Но в этой ловушке промышленник насторожил заслонку, а приманку не подвесил. Что-то, видимо, помешало ему.
В трех стенах, боковых и тыльной, прорезаны небольшие бойницы продолговатой формы, овально затесанные изнутри. Когда медведь попадает в ловушку, охотник пропускает в одну из бойниц ствол ружья и приканчивает зверя.
А теперь вот я оказался на месте зверя!
Какая непростительная оплошность с моей стороны! Как мог я не узнать ловушки! Какой дьявол загнал меня в этот ельник? Мысли об Елизаре отступают перед собственной опасностью…
Надо бы согреться. Может, тогда легче будет найти какой-то выход. Снимаю одежду, выжимаю из нее воду, снова надеваю, съеживаюсь, дышу под мокрую телогрейку. Над ухом торжествующе гудит комар.
Отступившие к западу тучи гасят закат. В западне густеет мрак. Над щелью в потолке, тихо переливаясь, дрожит теплым светом звездочка. Но в западне адски холодно, не согреться. Только костер спасет меня. С трудом расправляю онемевшие плечи. Хочу достать спички, дрожащими руками шарю по карманам, за пазухой, ищу под шапкой… Боже, что я наделал, забыл на привале спички! Напрягаю зрение, сквозь мрак снова осматриваю стены, потолок, пол — никакой надежды. Ясно одно: выбраться можно только через входное отверстие. Но как поднять заслонку? Она сделана из толстых лиственных плах, надежно вправленных в глубокие пазы. Припадаю к заслонке мокрыми ладонями, давлю на нее изо всех сил, еще и еще — и горько смеюсь над своей беспомощностью.
Разве попробовать поддеть ножом низ заслонки, приподнять ее хоть немного, чтобы в образовавшееся отверстие просунуть пальцы, — тогда я спасен?

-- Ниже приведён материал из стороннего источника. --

-- ===== src/Traversal.antt =====
-- Offers and answers of rust/fips-nostr-rendezvous/src/lib.rs: how they are made, and how an answer
-- is checked against its offer.
pub mod Accepts
use fips_nostr_bootstrap.Base.{
  ℕ, ltb, leb, ◌==◌, nat_eq, text_eq, if◌then◌else◌, not, Bool, true, false, ◌&&◌, ◌||◌, Option,
  none, some, List, [], ◌∷◌, Text, text, add64,
}
use fips_nostr_bootstrap.Schema.{
  TraversalAddress, PunchHint, TraversalOffer, TraversalAnswer, traversal_signal_app,
  traversal_signal_kind, Result, ok, err,
}

abbrev pub offer_type : Text
offer_type = text "offer"

abbrev pub answer_type : Text
answer_type = text "answer"

unfoldable pub create_traversal_offer :
    Text
    → ℕ
    → ℕ
    → Text
    → Text
    → Text
    → Option TraversalAddress
    → List TraversalAddress
    → TraversalOffer
create_traversal_offer session_id issued_at ttl_ms nonce sender_npub recipient_npub
      reflexive_address local_addresses =
    record {
      app = traversal_signal_app;
      event_kind = traversal_signal_kind;
      message_type = offer_type;
      session_id = session_id;
      issued_at = issued_at;
      expires_at = add64 issued_at ttl_ms;
      nonce = nonce;
      sender_npub = sender_npub;
      recipient_npub = recipient_npub;
      reflexive_address = reflexive_address;
      local_addresses = local_addresses;
    }

unfoldable pub create_traversal_answer :
    Text
    → ℕ
    → ℕ
    → Text
    → Text
    → Text
    → Text
    → Bool
    → Option TraversalAddress
    → List TraversalAddress
    → Option PunchHint
    → Option Text
    → TraversalAnswer
create_traversal_answer session_id issued_at ttl_ms nonce sender_npub recipient_npub in_reply_to
      accepted reflexive_address local_addresses punch reason =
    record {
      app = traversal_signal_app;
      event_kind = traversal_signal_kind;
      message_type = answer_type;
      session_id = session_id;
      issued_at = issued_at;
      expires_at = add64 issued_at ttl_ms;
      nonce = nonce;
      sender_npub = sender_npub;
      recipient_npub = recipient_npub;
      in_reply_to = in_reply_to;
      accepted = accepted;
      reflexive_address = reflexive_address;
      local_addresses = local_addresses;
      punch = punch;
      reason = reason;
    }

-- The static strings of the refusals.
pub data Refusal : Type 0 where
  unsupported_app unsupported_event_kind invalid_type expired_signal : Refusal
  session_mismatch identity_mismatch answer_precedes_offer : Refusal
  missing_addresses missing_rejection_reason : Refusal

abbrev pub is_none {ℓ} : {A : Type ℓ} → Option A → Bool
is_none none = true
is_none (some a) = false

abbrev pub is_empty {ℓ} : {A : Type ℓ} → List A → Bool
is_empty [] = true
is_empty (x ∷ xs) = false

-- `reason.as_deref().unwrap_or_default().is_empty()`
abbrev pub no_reason : Option Text → Bool
no_reason none = true
no_reason (some r) = is_empty r

infix 50 ◌!=◌
abbrev pub ◌!=◌ : Text → Text → Bool
a != b = not (a == b)

-- The last two checks, which look at the answer alone.
unfoldable pub check_content : TraversalAnswer → Result (Unit {0}) Refusal
check_content answer =
    if answer.accepted && is_none answer.reflexive_address && is_empty answer.local_addresses
    then err missing_addresses
    else if not answer.accepted && no_reason answer.reason
    then err missing_rejection_reason
    else ok tt

unfoldable pub validate_traversal_answer_for_offer :
    TraversalOffer → TraversalAnswer → ℕ → Result (Unit {0}) Refusal
validate_traversal_answer_for_offer offer answer now =
    if offer.app != traversal_signal_app || answer.app != traversal_signal_app
    then err unsupported_app
    else if not (offer.event_kind == traversal_signal_kind)
        || not (answer.event_kind == traversal_signal_kind)
    then err unsupported_event_kind
    else if offer.message_type != offer_type || answer.message_type != answer_type
    then err invalid_type
    else if leb offer.expires_at now || leb answer.expires_at now
    then err expired_signal
    else if offer.session_id != answer.session_id || answer.in_reply_to != offer.nonce
    then err session_mismatch
    else if offer.sender_npub != answer.recipient_npub || offer.recipient_npub != answer.sender_npub
    then err identity_mismatch
    else if ltb answer.issued_at offer.issued_at
    then err answer_precedes_offer
    else check_content answer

На ощупь запускаю конец ножа в паз под заслонку и начинаю нажимать. Кажется, поддается. Да, да, заслонка поднимается. Я просовываю поглубже нож, еще один нажим — и вот-вот заслонка выйдет из нижнего паза. Осторожно нажимаю на рукоять ножа. Но что за чертовщина! Где-то наверху зажало. Я и так, я и эдак — не поддается! И тут вдруг вспоминаю, что заслонка медвежьей ловушки, падая, автоматически спускает вертушку и изнутри ее ни за что не отвернуть.
От досады я так нажал на нож, что он переломился пополам.
С горечью отползаю в угол. Молчит темная, глухая ночь. Мрачные мысли одолевают меня.
Может быть, под Ямбуем есть еще одна западня и Елизар сидит в ней так же, как и я. А ведь он, пожалуй, опытнее меня.
Как сложно устроена жизнь человека, сколько препятствий на его слишком коротком пути и лак мало определено ему удачи! Сейчас, кажется, отдал бы полжизни, чтобы согреться. Холод становится пыткой.
Изнемогаю от длительного напряжения, от неприступных стен, от проклятого озноба, ни на минуту не покидающего меня. Сердце стучит все медленнее, все тяжелее. Застывшие пальцы с трудом шевелятся. Неужели в этой проклятой ловушке суждено мне так нелепо погибнуть? Выходит, и я тут, на Ямбуе, разделю участь пропавших товарищей…
Прижимаюсь к холодной стене. Так хоть спине теплее. В голову неотступно лезут тоскливые мысли.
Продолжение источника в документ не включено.